Ich hab leider kein Boot für Dich, sorry.


----------



## marioschreiber (23. Oktober 2002)

Híer gibt es Gebrauchtboote .
Viel Glück bei deiner Suche !!!


----------



## Albatros (23. Oktober 2002)

Hi Martin#h

zur Zeit haben wir leider auch kein gebrauchtes Schlauchboot in der Größe für Dich. Anfang der Saison hatten wir welche, aber die sind natürlich alle verkauft
Wieviel in etwa darf es kosten? Willst Du das Schlauchboot im Kofferaum des Auto`s transportieren, oder soll es trailerbar sein? Bei eBay sind zur Zeit zwei (neuwertig) eingestellt allerdings mit Motoren. Vielleicht kann man mal fragen, ob auch getrennt verkauft wird. Die Preise dürften sich dann irgendwo so bei 1000€ einpendeln. Hier die Links:

Schlauchboot
Schlauchboot
Schlauchboot


----------



## Thomas9904 (23. Oktober 2002)

Sach ich doch: Albatros wenns ums Boote geht :m  :m  :m


----------



## MartinVahldiek (23. Oktober 2002)

Hallihallo,

erstmal vielen Dank an alle. Die Resonanz war ja wirklich toll.
Leider war noch nicht das richtige dabei. ich wollte maximal 500 Euro ausgeben und muss das Boot im Kofferraum transportieren.
Einen AB hab ich schon, wie gesagt, es fehlt nur das Boot.
Habe schon überlegt, ob ich nur mit motor rausfahre. Den Schaft in der einen Hand, den Kescher in der anderen und zwei Wobbler an die Füße!!!? Mit ein bisschen Körperspannung wird es schon funktionieren. :q  Überzeugt bin ich davon zwar noch nicht, aber wenn ich nicht bald ein Boot finde, bleibt mir wohl nix anderes übrig.
Falls jemand noch nen Tipp hat oder eins zu verkaufen - haut in die Tasten.

Danke

Martin


----------



## Seehund (23. Oktober 2002)

Hallo Martin,
wenn es klappt möchte ich dir hier ein Schlauchboot zeigen.

Wird vielleich für dich im Augenblick nicht das richtige sein, ist eher als Idee zu betrachten. :q 

Viele Grüße vom Seehund


----------



## Ace (23. Oktober 2002)

booooaaaah vortrieb ohne Ende
Schlauchboot mit 750Ps
Wo brauch man denn sowas ????


----------



## havkat (23. Oktober 2002)

Jau!

So´n Panzerkreuzer habe ich, in diesem Jahr, im Kattfjord rumcruisen sehn. Schon gehört bevor gesehen. :q
War allerdings ein Inborder, die gesamte Plicht war nur Motorblock.
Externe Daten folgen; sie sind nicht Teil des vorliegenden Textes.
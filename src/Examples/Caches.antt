-- ===== src/Examples/Caches.antt =====
-- Two calls that share the slot of one key.
use dashboard_quip_network.Prelude.{ℕ, ◌≡◌, List, [], ◌∷◌, ok, refl}
use dashboard_quip_network.Miner.Cache
use dashboard_quip_network.Miner.Cache.{Row, new_row, hold, acquire}
use dashboard_quip_network.Miner.Cache.Slots.{
  System, Reach, start, step, acquired, IsConsistent, Reach-IsConsistent,
}
use dashboard_quip_network.Prelude.Texts

abbrev status_key : List ℕ
status_key = 115 ∷ 116 ∷ []

abbrev one_call : List (Row ℕ)
one_call = new_row status_key 5 ∷ []

abbrev two_calls : List (Row ℕ)
two_calls = hold 7 (new_row status_key 5) ∷ []

first_acquired : acquire {A = ℕ} status_key 5 [] ≡ ok one_call
unfolding Cache.acquire Cache.contains_key Cache.insert_slot
first_acquired = refl

second_acquired : acquire status_key 7 one_call ≡ ok two_calls
unfolding Cache.acquire Cache.contains_key Cache.update Cache.new_row Texts.same_text
second_acquired = refl

abbrev shared : System ℕ
shared = record { rows = two_calls; calls = status_key ∷ status_key ∷ [] }

shared_reached : Reach shared
shared_reached =
    step (step start (acquired status_key 5 one_call first_acquired))
      (acquired status_key 7 two_calls second_acquired)

Reach-IsConsistent_example : IsConsistent shared
Reach-IsConsistent_example = Reach-IsConsistent shared_reached
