-- ===== src/Hash.antt =====
-- crates/dashboard-model/src/hash.rs: 32-byte block hashes as `0x` and 64 hexadecimal digits. Text is
-- the list of its bytes.
pub mod RoundTrip
pub mod Errors
use Prim.Native.Nat.{bit_and, bit_or}
use dashboard_quip_network.Prelude.{
  ℕ, zero, suc, ◌+◌, ◌-◌, ◌*◌, ◌/◌, ◌%◌, Bool, true, false, ◌&&◌, List, [], ◌∷◌, Option, none, some,
  leb, ltb, ◌==◌, if◌then◌else◌, Result, ok, err, ◌>>=◌, length,
}

pub data BlockHashError : Type 0 where
  missing_prefix : BlockHashError
  invalid_length : ℕ → BlockHashError
  invalid_hex : ℕ → ℕ → BlockHashError

pub record BlockHash : Type 0 where
  pub bytes : List ℕ
  pub text : List ℕ

-- `PartialEq` compares the bytes.
unfoldable pub same_bytes : List ℕ → List ℕ → Bool
same_bytes [] [] = true
same_bytes (a ∷ as') (b ∷ bs) = a == b && same_bytes as' bs
same_bytes _ _ = false

unfoldable pub eq : BlockHash → BlockHash → Bool
eq a b = same_bytes a.bytes b.bytes

unfoldable pub hex_nibble : ℕ → ℕ → Result BlockHashError ℕ
hex_nibble byte index =
    if leb b'0' byte && leb byte b'9'
    then ok (byte - b'0')
    else if leb b'a' byte && leb byte b'f'
    then ok (byte - b'a' + 10)
    else if leb b'A' byte && leb byte b'F'
    then ok (byte - b'A' + 10)
    else err (invalid_hex index byte)

-- The loop over the chunks of two bytes; a last odd byte belongs to no chunk.
unfoldable pub decode_pairs : ℕ → List ℕ → Result BlockHashError (List ℕ)
decode_pairs pair_index (first ∷ second ∷ rest) = do
  high ← hex_nibble first (2 + pair_index * 2)
  low ← hex_nibble second (3 + pair_index * 2)
  bytes ← decode_pairs (pair_index + 1) rest
  ok (bit_or (high * 16 % 256) low ∷ bytes)
decode_pairs pair_index (last ∷ []) = ok []
decode_pairs pair_index [] = ok []

-- `raw.strip_prefix("0x")`
unfoldable pub strip_prefix : List ℕ → Option (List ℕ)
strip_prefix (z ∷ x ∷ rest) = if z == b'0' && x == b'x' then some rest else none
strip_prefix _ = none

unfoldable pub from_hex : List ℕ → List ℕ → Result BlockHashError BlockHash
from_hex raw hex =
    if length hex == 64
    then (do
      bytes ← decode_pairs 0 hex
      if length bytes == 32
          then ok (record { bytes = bytes; text = raw })
          else err (invalid_length (length hex)))
    else err (invalid_length (length hex))

unfoldable pub from_str : List ℕ → Result BlockHashError BlockHash
from_str raw = elim (strip_prefix raw) [ none ↦ err missing_prefix | some hex ↦ from_hex raw hex ]

unfoldable pub hex_digit : ℕ → ℕ
hex_digit n =
    let nibble = bit_and n 0x0f in if ltb nibble 10 then b'0' + nibble else b'a' + (nibble - 10)

unfoldable pub encode_bytes : List ℕ → List ℕ
encode_bytes [] = []
encode_bytes (b ∷ bs) = hex_digit (b / 16) ∷ hex_digit (bit_and b 0x0f) ∷ encode_bytes bs

unfoldable pub encode_hex : List ℕ → List ℕ
encode_hex bytes = b'0' ∷ b'x' ∷ encode_bytes bytes

-- `From<[u8; 32]>`
unfoldable pub from_bytes : List ℕ → BlockHash
from_bytes bytes = record { bytes = bytes; text = encode_hex bytes }
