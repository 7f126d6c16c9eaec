-- ===== src/Store.antt =====
-- crates/dashboard-store: the state of the store and its shared types (types.rs), and the
-- transactions of coverage.rs in the child modules. A SQL table is a list of rows, the table `meta`
-- a function of its keys, and a column of text is text. A transaction is a function from the store
-- to the store after COMMIT; a transaction that returns early or fails is rolled back before the
-- next one begins, so an error carries no new state. Faults of the database engine are left out.
pub mod Meta
pub mod Views
pub mod Blocks
pub mod Generations
pub mod Scans
pub mod Submissions
pub mod Targets
pub mod Network
pub mod Unavailable
use dashboard_quip_network.Prelude.{
  ℕ, ◌+◌, Bool, true, false, Option, none, some, List, [], ◌∷◌, Result, ok, err, ◌==◌, ◌≡◌,
}
use dashboard_quip_network.Errors.{StoreError}
use dashboard_quip_network.Decimal.{Text, DecimalString}
use dashboard_quip_network.Hash.{BlockHash}
use dashboard_quip_network.Coverage.{Coverage}
use dashboard_quip_network.Coverage.Valid.{FitsU64}

pub data CommitResult : Type 0 where
  applied already_applied stale_generation : CommitResult

pub data Indexable : Type 0 where
  winners difficulty participation authorship : Indexable

-- The derived `Ord`: the position of the variant.
abbrev pub rank : Indexable → ℕ
rank winners = 0
rank difficulty = 1
rank participation = 2
rank authorship = 3

abbrev pub same_domain : Indexable → Indexable → Bool
same_domain i j = rank i == rank j

pub record GenerationGuard : Type 0 where
  pub indexable : Indexable
  pub expected : ℕ

-- The keys of the table `meta`, each a text of its own: `indexer.generation.<domain>`,
-- `indexer.coverage.<domain>`, `dashboard.genesis`, `dashboard.finalized.target` and
-- `indexer.authorship.cutover`.
pub data MetaKey : Type 0 where
  generation_key coverage_key : Indexable → MetaKey
  genesis finalized_target authorship_cutover : MetaKey

abbrev pub key_code : MetaKey → ℕ
key_code genesis = 0
key_code finalized_target = 1
key_code authorship_cutover = 2
key_code (generation_key i) = 3 + rank i
key_code (coverage_key i) = 7 + rank i

abbrev pub Meta : Type 0
Meta = MetaKey → Option Text

-- dashboard_finalized
pub record FinalizedRow : Type 0 where
  pub height : Text
  pub hash : Text

-- dashboard_scans
pub record ScanRow : Type 0 where
  pub id : Text
  pub genesis : Text
  pub at_hash : Text
  pub finalized_height : Text
  pub domain : Indexable
  pub generation : Text
  pub cursor : Option Text
  pub finished : Bool

-- dashboard_scan_winners
pub record ScanWinnerRow : Type 0 where
  pub scan_id : Text
  pub height : Text

pub data UnavailableReason : Type 0 where
  missing_retained_nonce missing_retained_difficulty : UnavailableReason

-- dashboard_unavailable
pub record UnavailableRow : Type 0 where
  pub domain : Indexable
  pub generation : Text
  pub height : Text
  pub block_hash : Text
  pub enrichment_hash : Text
  pub reason : UnavailableReason
  pub observed_at : Text
  pub next_height : Option Text

-- The tables of this component; `R` holds the record tables of blocks.rs and miners.rs.
pub record Db (R : Type 0) : Type 0 where
  pub meta : Meta
  pub finalized : List FinalizedRow
  pub scans : List ScanRow
  pub scan_winners : List ScanWinnerRow
  pub unavailable : List UnavailableRow
  pub rows : R

-- A store with the writer lease, or an API-only one without.
pub record Store (R : Type 0) : Type 0 where
  pub writer : Bool
  pub db : Db R

-- What serde_json does with the values kept in `meta` and in scan cursors: encoding, decoding, and
-- that an encoded value is decoded again.
-- Decoded heights are of type u64, which is stated of the high bound, the largest of them.
pub record Json : Type 0 where
  pub coverage_text : Coverage → Text
  pub coverage_of : Text → Option Coverage
  pub coverage_law : (c : Coverage) → FitsU64 c.high → coverage_of (coverage_text c) ≡ some c
  pub coverage_fits : (t : Text) (c : Coverage) → coverage_of t ≡ some c → FitsU64 c.high
  pub target_text : Text × Text → Text
  pub target_of : Text → Option (Text × Text)
  pub target_law : (t : Text × Text) → target_of (target_text t) ≡ some t
  pub cursor_text : List ℕ → Text
  pub cursor_of : Text → Option (List ℕ)
  pub cursor_law : (c : List ℕ) → cursor_of (cursor_text c) ≡ some c
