-- ===== src/Store/Meta.antt =====
-- The free functions of coverage.rs and store.rs that read and write the table `meta`.
use dashboard_quip_network.Prelude.{
  ℕ, ◌≤◌, ◌≡◌, not, Option, none, some, ◌==◌, if◌then◌else◌, arith, Result, ok, ◌>>=◌, refuse_if,
  ok_or,
}
use dashboard_quip_network.Prelude.Words.{u64_max}
use dashboard_quip_network.Prelude.Texts.{same_text}
use dashboard_quip_network.Errors.{StoreError, invalid, network_identity, json}
use dashboard_quip_network.Decimal.{Text, DecimalString, parse_u64}
use dashboard_quip_network.Decimal.Value.{parse_u64-le}
use dashboard_quip_network.Hash.{BlockHash}
use dashboard_quip_network.Coverage
use dashboard_quip_network.Coverage.{Coverage, check_persisted}
use dashboard_quip_network.Store.{
  Indexable, MetaKey, generation_key, coverage_key, genesis, key_code, Meta, Json,
}

-- INSERT .. ON CONFLICT(key) DO UPDATE, and DELETE for `none`: a NULL value reads as none.
unfoldable pub set_meta : MetaKey → Option Text → Meta → Meta
set_meta k v meta = λ j. if key_code k == key_code j then v else meta j

-- `require_bound`
unfoldable pub require_bound : Meta → Result StoreError Text
require_bound meta = ok_or (meta genesis) network_identity

-- A missing, malformed or zero generation means one.
unfoldable pub positive : Option ℕ → ℕ
positive none = 1
positive (some n) = if n == 0 then 1 else n

unfoldable pub parsed : Option Text → Option ℕ
parsed none = none
parsed (some t) = parse_u64 t

unfoldable pub generation : Meta → Indexable → ℕ
generation meta i = positive (parsed (meta (generation_key i)))

-- `height`: the text is parsed again as a u64.
unfoldable pub height : DecimalString → Result StoreError ℕ
height h = ok_or (parse_u64 h.text) (invalid "height exceeds u64")

pub height-le : (h : DecimalString) (n : ℕ) → height h ≡ ok n → n ≤ u64_max
unfolding height
height-le h n e = parse_u64-le h.text n (ground arith)

-- `network`: the bound genesis is compared as text.
unfoldable pub network : Meta → BlockHash → Result StoreError (Unit {0})
network meta g = do
  bound ← require_bound meta
  refuse_if (not (same_text bound g.text)) network_identity

module _ (codec : Json) where
  open codec use {coverage_text, coverage_of}

  unfoldable pub decoded : ℕ → ℕ → Option Text → Result StoreError Coverage
  decoded gen start none = ok (Coverage.empty gen start)
  decoded gen start (some raw) = do
    cov ← ok_or (coverage_of raw) (json "coverage")
    check_persisted gen cov

  -- `coverage`: the stored coverage at the current generation, or an empty one.
  unfoldable pub coverage : Meta → Indexable → ℕ → Result StoreError Coverage
  coverage meta i start = decoded (generation meta i) start (meta (coverage_key i))

  unfoldable pub save_coverage : Indexable → Coverage → Meta → Meta
  save_coverage i c = set_meta (coverage_key i) (some (coverage_text c))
Power pur!

Raus auf die Seelachsbank?  *ERSTER!!* :q


----------



## Albatros (23. Oktober 2002)

@ace

Bundeswehr, THW, DGZRS usw. fahren solche Boote. Muss der absolute Wahnsinn sein. Über 120 km/h auf dem Wasser, daß ist schon was  :l


----------



## marioschreiber (23. Oktober 2002)

booooaaaah Ey !!!
Aber dieser &quot;klitzekleine&quot; orange Tank..... :q 

Aber schön wärs....heute Langeland und morgen Bornholm :k


----------



## Seehund (23. Oktober 2002)

@ alle hier,

habe diese Schlauchboote letzte Woche in Spanien gesehen.

Hierbei handelt es sich um beschlagnahmte Schmuggelboote aus der Gegend um Gibralta. 

Diese beschlagnahmten Boote bekommen dann ein Blaulicht aufgesetzt und nun fährt die Spanische Wasserpolizei damit rum.

Länge 13.50 mtr. 3 x 250 PS Motoren. Nur fliegen ist schöner.

Aber Platz zum Angeln haben diese Boote doch auch :z 

Viele Grüße vom Seehund aus Cuxhaven

Bernd


----------



## Ace (23. Oktober 2002)

@ Seehund 
Platz zum Angeln ist jede Menge, das ist ja das geile

Dieses Boot gehörte dann aber dem Oberschmuggler es hat nähmlich 3 Motoren dieses Mordskalibers


----------



## Dorsch (24. Oktober 2002)

guck mal hier http://www.vebeg.de/default2.htm
ab und zu haben die auch schlauchboote von der BW. oder
vom THW.vieleicht ist mal was dabei.


----------



## Schleie! (24. Oktober 2002)

#6 #6 #6 ! Boahhh ACE!


----------